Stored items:
☆ ☆ ☆ ☆
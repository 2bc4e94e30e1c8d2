-- ===== src/Service/Queue.antt =====
-- BackupAll of internal/bt/service.go: the staged operations, one after the other.
pub mod Draining
pub mod Keeping
pub mod Emptying
use bt_go.Prelude.{
  ℕ, zero, suc, ◌+◌, ◌≡◌, Option, none, some, Result, Error, ok, err, ◌==◌, if◌then◌else◌,
}
use bt_go.Staging.Store.{StagingStore}
use bt_go.Staging.Area.{BackupFunc, process_next}

-- How a run of the loop ended: by its break, by an error, or with no fuel left.
pub data Ended : Type 0 where
  done : Ended
  failed : Error → Ended
  out_of_fuel : Ended

-- What BackupAll returns, the count beside the error, with the state that it leaves.
pub record Run (S W : Type 0) : Type 0 where
  pub count : ℕ
  pub ended : Ended
  pub store : S
  pub rest : W

module _ {S W : Type 0} (store : StagingStore S) (fn : BackupFunc W) where
  unfoldable pub backup_all : ℕ → ℕ → S → W → Run S W
  backup_all zero count s w = record { count = count; ended = out_of_fuel; store = s; rest = w }
  backup_all (suc fuel) count s w =
      let next = process_next store fn (s, w) in
      let again = backup_all fuel (suc count) next.1.0 next.1.1 in
      elim (store.len s) [
        | err e ↦ record { count = count; ended = failed e; store = s; rest = w }
        | ok size ↦
            if size == 0
            then record { count = count; ended = done; store = s; rest = w }
            else (elim next.0 [
              | err e ↦ record {
                count = count;
                ended = failed e;
                store = next.1.0;
                rest = next.1.1;
              }
              | ok _ ↦ again
            ])
      ]
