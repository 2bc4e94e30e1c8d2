-- ===== src/App/Operation.antt =====
-- internal/app/operation.go
use bt_go.Prelude.{ℕ, Bool, not, Text, codes, ◌==◌}

pub record BackupOperation : Type 0 where
  pub id : ℕ
  pub operation : Text
  pub parameters : Text
  pub status : Text

unfoldable pub new_backup_operation : Text → Text → BackupOperation
new_backup_operation operation parameters = record {
  id = 0;
  operation = operation;
  parameters = parameters;
  status = codes "success";
}

abbrev pub persisted : BackupOperation → Bool
persisted op = not (op.id == 0)
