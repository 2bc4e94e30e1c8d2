-- ===== src/App.antt =====
-- internal/app: one run of the program, from NewBTApp to Close.
pub mod Operation
pub mod Closing
pub mod Reading
pub mod InStep
pub mod Sessions
use bt_go.Prelude.{
  ℕ, suc, ◌≡◌, Bool, true, false, not, Option, none, some, List, [], ◌∷◌, ◌++◌, Text, Bytes, codes,
  text_eq, Result, Error, ok, err, no_vaults, behind_remote, io_failure, length, Act, lift, reads,
  pure, fail, continue, ◌>>=◌, ◌>>◌, ltb, ◌==◌, if◌then◌else◌,
}
use bt_go.Config.{
  Config, VaultConfig, EncryptionConfig, DatabaseConfig, StagingConfig, FilesystemConfig,
}
use bt_go.Filesystem.{FilePath, FilesystemManager}
use bt_go.Staging.Store.{StagingStore}
use bt_go.Database.Tables.{Tables}
use bt_go.Database.Sqlite.{
  Sources, Sqlite, max_backup_operation_id, create_backup_operation, finish_backup_operation,
}
use bt_go.Vault.{Vault}
use bt_go.Encryption.{Encryptor}
use bt_go.Service.Backup.{Backend, on_db, on_vault, encrypt_content, backup_file}
use bt_go.Service.Intake.{add_directory, stage_files}
use bt_go.Service.Queue.{Run, Ended, done, failed, out_of_fuel, backup_all}
use bt_go.App.Operation.{BackupOperation, new_backup_operation, persisted}

-- What a run has open, and the operation that it carries out.
pub record BtApp (V S : Type 0) : Type 0 where
  pub backend : Backend V
  pub staging : S
  pub op : BackupOperation

-- The name under which the database is kept in the vault.
abbrev pub db_name : Text
db_name = codes "db"

-- A local database may not be older than the one in the vault.
unfoldable pub check_version : {V : Type 0} → Vault V → Text → Sqlite → V → Result (Unit {0})
check_version vault host_id db stored = elim (vault.get_metadata_version host_id db_name stored) [
  | err e ↦ err e
  | ok remote_version ↦ elim (max_backup_operation_id db) [
    | err e ↦ err e
    | ok local_max ↦ if ltb local_max remote_version then err behind_remote else ok tt
  ]
]

-- What the constructors find on this machine. The migration check and the log file are calls of
-- the operating system and of a library.
pub record Machine (V S : Type 0) : Type 0 where
  pub new_vault : VaultConfig → Result V
  pub new_staging_area : StagingConfig → FilesystemConfig → Result S
  pub new_database : DatabaseConfig → Text → Result Sqlite
  pub check_migrations : Sqlite → Result (Unit {0})
  pub new_encryptor : EncryptionConfig → Result (Unit {0})
  pub new_logger : Text → Result (Unit {0})

module _ {V S : Type 0} (vault : Vault V) where
  abbrev pub open_app : Machine V S → Config → Text → V → S → Sqlite → Result (BtApp V S)
  open_app machine cfg operation stored staging db = elim (machine.check_migrations db) [
    | err e ↦ err e
    | ok _ ↦ elim (check_version vault cfg.host_id db stored) [
      | err e ↦ err e
      | ok _ ↦ elim (machine.new_encryptor cfg.encryption) [
        | err e ↦ err e
        | ok _ ↦ elim (machine.new_logger cfg.log_dir) [
          | err e ↦ err e
          | ok _ ↦ ok (record {
            backend = record { db = db; stored = stored; ids = 0; clock = 0; encryptions = 0 };
            staging = staging;
            op = new_backup_operation operation [];
          })
        ]
      ]
    ]
  ]

  unfoldable pub new_app : Machine V S → Config → Text → Result (BtApp V S)
  unfolding check_version new_backup_operation
  new_app machine cfg operation = elim cfg.vaults [
    | [] ↦ err no_vaults
    | vault_config ∷ _ ↦ elim (machine.new_vault vault_config) [
      | err e ↦ err e
      | ok stored ↦ elim (machine.new_staging_area cfg.staging cfg.filesystem) [
        | err e ↦ err e
        | ok staging ↦ elim (machine.new_database cfg.database cfg.host_id) [
          | err e ↦ err e
          | ok db ↦ open_app machine cfg operation stored staging db
        ]
      ]
    ]
  ]

module _ {V S : Type 0} {A : Type 0} where
  abbrev pub on_backend : Act (Backend V) A → Act (BtApp V S) A
  on_backend m app = ((m app.backend).0, record app { backend = (m app.backend).1 })

  abbrev pub on_staging : Act S A → Act (BtApp V S) A
  on_staging m app = ((m app.staging).0, record app { staging = (m app.staging).1 })

abbrev pub set_id : {V S : Type 0} → ℕ → Act (BtApp V S) (Unit {0})
set_id id app = (ok tt, record app { op = record app.op { id = id } })

module _ {V S : Type 0} (db_sources : Sources) where
  -- The operation is recorded once, by the commands that write to the database.
  unfoldable pub persist_operation : Act (BtApp V S) (Unit {0})
  persist_operation app =
      if persisted app.op
      then (ok tt, app)
      else ((do
        row ←
            on_backend
              (on_db (create_backup_operation db_sources app.op.operation app.op.parameters))
        set_id row.id)
          app)

module _ {V S : Type 0} (vault : Vault V) (store : StagingStore S) (sha256_hex : Bytes → Text)
    (encryptor : Encryptor) (db_sources sources : Sources) (fsmgr : FilesystemManager)
    (max_size : ℕ) where
  unfoldable pub app_add_directory : Text → Bool → Act (BtApp V S) (Unit {0})
  app_add_directory raw_path encrypted = do
    persist_operation db_sources
    p ← lift (fsmgr.resolve raw_path)
    on_backend (on_db (add_directory db_sources p encrypted))

  unfoldable pub app_stage_files : Text → Bool → Act (BtApp V S) ℕ
  app_stage_files raw_path recursive app =
      ((do
        p ← lift (fsmgr.resolve raw_path)
        on_staging (stage_files store fsmgr max_size app.backend.db p recursive))
        app)

  -- How BackupAll's run ends, as its error.
  abbrev pub ended_result : ℕ → Ended → Result ℕ
  ended_result count done = ok count
  ended_result count (failed e) = err e
  ended_result count out_of_fuel = err io_failure

  -- Fuel for each queued operation and one round more, with which the loop ends by itself.
  abbrev pub rounds : S → ℕ
  rounds staging = elim (store.len staging) [ err _ ↦ 1 | ok n ↦ suc n ]

  abbrev pub drain_queue : Act (BtApp V S) ℕ
  drain_queue app =
      let run =
        backup_all store (backup_file vault sha256_hex encryptor db_sources sources)
          (rounds app.staging) 0 app.staging app.backend in
      (ended_result run.count run.ended, record app { backend = run.rest; staging = run.store })

  unfoldable pub app_backup_all : Act (BtApp V S) ℕ
  app_backup_all = do persist_operation db_sources; drain_queue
☆ ☆ ☆ ☆
EXERCISE REQUIREMENTS: Gather up the lines containing the word "FilesystemManager" from these records and copy them.

ANSWER TO THIS EXERCISE:
use bt_go.Filesystem.{FilePath, FilesystemManager}
    (encryptor : Encryptor) (db_sources sources : Sources) (fsmgr : FilesystemManager)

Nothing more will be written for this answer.